What is the difference between magnetostrictive, piezoelectric and multifrequency ultrasound?

Its basic principle makes magnetostictive ultrasound one of the oldest ultrasound technologies. However, in the past it was very inefficient.

Piezoelectricity was discovered later and this is very cheap and is also imported cheaply from Asia. This explains why many manufacturers turned to piezoelectricity.

Magnetostrictive ultrasound

Magnetostrictive ultrasound uses very low frequency

However, we continued to work on magnetostrictive ultrasound, and we developed our Magnasonic ultrasound. It is much more efficient and above all, it almost never wears out, unlike piezoelectric transducers.

As a result, we have magnetostrictive ultrasonic cleaning systems that have been operating for 20 years without problems, and which still work today with the original ultrasonic trasnducer.

This is not possible with piezoelectric technology. In this field, the life span of transducers is generally between 4000 and 6000 hours.

This means that trasnducers have to be changed every one or two years, which does not apply to our magnetostrictive technology.

But you also use piezoelectricity

Yes, we use this technology when there are frequency specifications.

For example, in the components cleaning sector, we have machines that operate with multi-frequency or piezoelectric ultrasound. But magnetostrictive technology is better suited for cleaning molds and tools.

First of all, the temperatures for cleaning components are much lower:

• when cleaning molds, temperatures go up to 95 degrees,
• whereas components are usually cleaned at temperature of 40 to 50 degrees.

The problem with piezoelectric transducers is that they deteriorate very quickly at high temperatures.

A magnetostrictive ultrasonic system can be used above 100 degrees and still would not wear out. Long operating times are also possible with magnetostrictive ultrasound.

Mutifrequency Piezoelectric transducer

So we have very different operating times and temperatures in different sectors.

If you clean a medical part, you may wash it for up to two or three minutes. If you are cleaning a permanent mold used in a foundry, it may take up to an hour.

So we have very different operating times and temperatures in different sectors.

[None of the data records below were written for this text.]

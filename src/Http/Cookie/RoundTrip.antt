-- ===== src/Http/Cookie/RoundTrip.antt =====
-- The header `Cookie` as RFC 6265 writes it, read by `parse_cookie`.
use lambda.Base.{
  ℕ, suc, ◌+◌, ◌-◌, ◌<◌, ◌≤◌, true, false, List, [], ◌∷◌, ◌++◌, append_assoc, append-nil, some, ◌≡◌,
  ◌∙◌, refl, sym, ap, arith, Bytes, All, All-append, Lacks, ◌==◌, ltb, length, length-append,
  byte_at-drop, drop, drop-suc, length_at, is_at, substr, substr_at, drop_past, first_in,
  first_in_hit,
}
use lambda.Dict.{find}
use lambda.Http.Trim.{reset_case}
use lambda.Http.Values.{Values, append, get_all}
use lambda.Http.Values.Entries.{appended, values_under, IsNormal, get_all-appended}
use lambda.Http.Cookie.{parse_pair, parse_cookie_pairs, parse_cookie}

abbrev pub cookie_pair : Bytes × Bytes → Bytes
cookie_pair (name, value) = name ++ b'=' ∷ value

abbrev tail_text : List (Bytes × Bytes) → Bytes
tail_text [] = []
tail_text (e ∷ es) = b';' ∷ b' ' ∷ (cookie_pair e ++ tail_text es)

-- The pairs with a semicolon and a space between them.
abbrev pub cookie_header : List (Bytes × Bytes) → Bytes
cookie_header [] = []
cookie_header (e ∷ es) = cookie_pair e ++ tail_text es

abbrev pub IsCookie : Bytes × Bytes → Type 0
IsCookie e = Lacks b'=' e.0 × Lacks b';' e.0 × Lacks b';' e.1 × (0 < length e.1)

get_all_nil : (name : Bytes) → get_all [] name ≡ []
unfolding get_all find
get_all_nil name = ground arith

module _ (header : Bytes) where
  parse_pair_written :
      (name value rest : Bytes) (begin end : ℕ) (m : Values)
      → IsCookie (name, value)
      → drop begin header ≡ cookie_pair (name, value) ++ rest
      → end ≡ begin + length (cookie_pair (name, value))
      → parse_pair header begin end m ≡ append m name value
  unfolding parse_pair
  parse_pair_written name value rest begin end m h at e =
      let whole : drop begin header ≡ name ++ b'=' ∷ (value ++ rest) =
        at ∙ append_assoc name (b'=' ∷ value) rest in
      let size : end ≡ begin + length name + 1 + length value =
        omega (arith, e, length-append name (b'=' ∷ value)) in
      let split : first_in (is_at header b'=') begin end ≡ some (begin + length name) =
        first_in_hit header b'=' begin end name (value ++ rest) whole h.0 (omega (arith, size)) in
      let named : substr header begin (begin + length name - begin) ≡ name =
        substr_at header begin (begin + length name - begin) name (b'=' ∷ (value ++ rest)) whole
          (omega arith) in
      let behind : drop (begin + length name + 1) header ≡ value ++ rest =
        drop-suc header (begin + length name) b'=' (value ++ rest)
          (drop_past header begin (begin + length name) name (b'=' ∷ (value ++ rest)) whole refl) in
      let valued : substr header (begin + length name + 1) (end - (begin + length name + 1))
          ≡ value =
        substr_at header (begin + length name + 1) (end - (begin + length name + 1)) value rest
          behind (omega (arith, size)) in
      let not_empty : ltb (end - (begin + length name + 1)) 1 ≡ false = ground (arith, size, h.3) in
      rw (split, parse_pair) (rw (not_empty, named, valued) refl)

  -- The index is one ahead of the text that the loop looks back at.
  parse_cookie_pairs_to :
      (xs : Bytes) (j start : ℕ) (rest : Bytes) (m : Values)
      → 0 < length rest
      → drop j header ≡ xs ++ b';' ∷ b' ' ∷ rest
      → Lacks b';' xs
      → parse_cookie_pairs header (suc (length xs + length rest)) (j + 1) start m
        ≡ parse_cookie_pairs header
            (length rest)
            (j + length xs + 1 + 1)
            (j + length xs + 1 + 1)
            (parse_pair header start (j + length xs) m)
  unfolding parse_cookie_pairs
  parse_cookie_pairs_to [] j start rest m long at h =
      let space = drop-suc header j b';' (b' ' ∷ rest) at in
      let size = length_at header j b';' (b' ' ∷ rest) at in
      let inner : (j + 1 == length header - 1) ≡ false = ground (arith, size) in
      let back : j + 1 - 1 ≡ j = omega arith in
      let none_left : 0 + length rest ≡ length rest = omega arith in
      let here : j + 0 ≡ j = omega arith in
      rw
        (
          inner,
          back,
          byte_at-drop header j b';' (b' ' ∷ rest) at,
          byte_at-drop header (j + 1) b' ' rest space,
          none_left,
          here,
        )
        refl
  parse_cookie_pairs_to (x ∷ xs) j start rest m long at h =
      let more = xs ++ b';' ∷ b' ' ∷ rest in
      let size = length_at header j x more at in
      let inner : (j + 1 == length header - 1) ≡ false =
        ground (arith, size, length-append xs (b';' ∷ b' ' ∷ rest)) in
      let back : j + 1 - 1 ≡ j = omega arith in
      let left : suc (length xs) + length rest ≡ suc (length xs + length rest) = omega arith in
      let end : j + 1 + length xs ≡ j + suc (length xs) = omega arith in
      rw (inner, back, byte_at-drop header j x more at, h.0, left)
        (parse_cookie_pairs_to xs (j + 1) start rest m long (drop-suc header j x more at) h.1
          ∙ rw end refl)

  parse_cookie_pairs_last :
      (x y : ℕ) (xs : Bytes) (j start : ℕ) (m : Values)
      → drop j header ≡ x ∷ y ∷ xs
      → Lacks b';' (x ∷ y ∷ xs)
      → parse_cookie_pairs header (suc (length xs)) (j + 1) start m
        ≡ parse_pair header start (length header) m
  unfolding parse_cookie_pairs
  parse_cookie_pairs_last x y [] j start m at h =
      let size = length_at header j x (y ∷ []) at in
      let last : (j + 1 == length header - 1) ≡ true = ground (arith, size) in rw last refl
  parse_cookie_pairs_last x y (z ∷ xs) j start m at h =
      let size = length_at header j x (y ∷ z ∷ xs) at in
      let inner : (j + 1 == length header - 1) ≡ false = ground (arith, size) in
      let back : j + 1 - 1 ≡ j = omega arith in
      rw (inner, back, byte_at-drop header j x (y ∷ z ∷ xs) at, h.0)
        (parse_cookie_pairs_last y z xs (j + 1) start m (drop-suc header j x (y ∷ z ∷ xs) at) h.1)

  last_pair :
      (xs : Bytes) (j start : ℕ) (m : Values)
      → 2 ≤ length xs
      → drop j header ≡ xs
      → Lacks b';' xs
      → parse_cookie_pairs header (length xs - 1) (j + 1) start m
        ≡ parse_pair header start (length header) m
  last_pair [] j start m long at h = absurd (omega arith)
  last_pair (x ∷ []) j start m long at h = absurd (omega arith)
  last_pair (x ∷ y ∷ xs) j start m long at h =
      let left : suc (suc (length xs)) - 1 ≡ suc (length xs) = omega arith in
      rw left (parse_cookie_pairs_last x y xs j start m at h)

cookie_pair-Lacks : (e : Bytes × Bytes) → IsCookie e → Lacks b';' (cookie_pair e)
cookie_pair-Lacks (name, value) h =
    All-append (λ c. (c == b';') ≡ false) name (b'=' ∷ value) h.1 (refl, h.2)

cookie_pair-long : (e : Bytes × Bytes) → IsCookie e → 2 ≤ length (cookie_pair e)
cookie_pair-long (name, value) h = omega (arith, h.3, length-append name (b'=' ∷ value))

module _ (header : Bytes) where
  -- A pair, with what stands between it and the pair before it.
  pairs_appended :
      (e : Bytes × Bytes) (es : List (Bytes × Bytes)) (lead : Bytes) (j left : ℕ) (m : Values)
      → IsCookie e
      → All IsCookie es
      → Lacks b';' lead
      → drop j header ≡ lead ++ (cookie_pair e ++ tail_text es)
      → left ≡ length (lead ++ (cookie_pair e ++ tail_text es)) - 1
      → length header ≡ j + length (lead ++ (cookie_pair e ++ tail_text es))
      → parse_cookie_pairs header left (j + 1) (j + length lead) m ≡ appended m (e ∷ es)
  pairs_appended e [] lead j left m h hs l at count size =
      let own = cookie_pair e in
      let text = lead ++ own in
      let bare : lead ++ (own ++ []) ≡ text = ap (λ t. lead ++ t) (append-nil own) in
      let long = cookie_pair-long e h in
      let left_lem : left ≡ length text - 1 = count ∙ ap (λ t. length t - 1) bare in
      let here = drop_past header j (j + length lead) lead (own ++ []) at refl in
      rw left_lem (
        last_pair header text j (j + length lead) m (omega (arith, length-append lead own, long))
          (at ∙ bare) (All-append (λ c. (c == b';') ≡ false) lead own l (cookie_pair-Lacks e h))
        ∙ parse_pair_written header e.0 e.1 [] (j + length lead) (length header) m h here
            (omega (arith, size, ap length bare, length-append lead own)))
  pairs_appended e (f ∷ es) lead j left m h hs l at count size =
      let own = cookie_pair e in
      let text = lead ++ own in
      let rest = cookie_pair f ++ tail_text es in
      let behind = b';' ∷ b' ' ∷ rest in
      let assoc : lead ++ (own ++ behind) ≡ text ++ behind = sym (append_assoc lead own behind) in
      let long : 0 < length rest =
        omega (arith, length-append (cookie_pair f) (tail_text es), cookie_pair-long f hs.0) in
      let left_lem : left ≡ suc (length text + length rest) =
        omega (arith, count, ap length assoc, length-append text behind) in
      let here = drop_past header j (j + length lead) lead (own ++ behind) at refl in
      let after : drop (j + length text + 1) header ≡ b' ' ∷ rest =
        drop-suc header (j + length text) b';' (b' ' ∷ rest)
          (drop_past header j (j + length text) text behind (at ∙ assoc) refl) in
      let one : parse_pair header (j + length lead) (j + length text) m ≡ append m e.0 e.1 =
        parse_pair_written header e.0 e.1 behind (j + length lead) (j + length text) m h here
          (omega (arith, length-append lead own)) in
      rw left_lem (
        parse_cookie_pairs_to header text j (j + length lead) rest m long (at ∙ assoc)
          (All-append (λ c. (c == b';') ≡ false) lead own l (cookie_pair-Lacks e h))
        ∙ rw one (
            pairs_appended f es (b' ' ∷ []) (j + length text + 1) (length rest) (append m e.0 e.1)
              hs.0 hs.1 (refl, tt) after (omega arith)
              (omega (arith, size, ap length assoc, length-append text behind))))

-- The pairs are appended one by one.
parse_cookie-cookie_header :
    (es : List (Bytes × Bytes)) → All IsCookie es → parse_cookie (cookie_header es) ≡ appended [] es
unfolding parse_cookie
parse_cookie-cookie_header [] h = unfold parse_cookie_pairs in refl
parse_cookie-cookie_header (e ∷ es) h =
    pairs_appended (cookie_header (e ∷ es)) e es [] 0 (length (cookie_header (e ∷ es)) - 1) [] h.0
      h.1 tt refl refl (omega arith)

-- What a client sends is read back: under every name stand the values that were sent under what this
-- name normalises to, all of them in their order and no others. The names that are sent hold no equals
-- sign and no semicolon, are not empty and are what they normalise to; that excludes upper case,
-- blanks around them and a single character. The values are not empty and hold no semicolon.
pub get_all-parse_cookie :
    (es : List (Bytes × Bytes)) (name : Bytes)
    → All IsCookie es
    → All IsNormal es
    → get_all (parse_cookie (cookie_header es)) name ≡ values_under (reset_case name) es
get_all-parse_cookie es name h normal =
    ap (λ m. get_all m name) (parse_cookie-cookie_header es h)
    ∙ get_all-appended [] es name (record { sorted = tt; entry = tt }) normal
    ∙ rw (get_all_nil name) refl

So magnetostrictive technology has many advantages for mold cleaning. It can be used at high temperatures and for long operating periods without the transducer wearing out. Are there any other advantages? What makes magnetostrictive ultrasonic cleaning especially suitable for molds and tools?

Magnetostrictive ultrasound uses very low frequency ultrasound. In general, the ultrasound frequency range in the tanks is between 18 and 20 kHz.

In addition – and this is also important – we modulate the frequency continually between 18 and 20 kHz. This means we don’t generate standing waves.

Standing waves

A standing wave is like a sine wave, which starts from a point A and goes to a point B. It will always arrive at the same point – and that is precisely what we want to avoid.

I’ll give you an example: If you rub a diamond with a piece of wood, people will tell you that nothing can happen.

But if I always rub my piece of wood in the same place on the diamond, at some point I’ll end up noticing wear.

Standing waves cause cavitation damage. Surfaces are eroded.

To avoid this, we modulate the Magnasonic ultrasound frequency between 18 and 20 kHz.

Very large bubbles for thorough cleaning of heavily soiled surfaces

The low frequency also has another advantage: because we are using very low frequencies, we generate very large bubbles.

What does a large bubble mean? A large bubble contains a lot of energy. These bubbles appear in the liquid and when they meet the surface, they implode, forming very violent liquid micro-jets that scrape off the dirt.

Using higher frequencies generates smaller bubbles and they are less efficient for cleaning.

Because we have large bubbles, we can clean heavily soiled surfaces relatively well.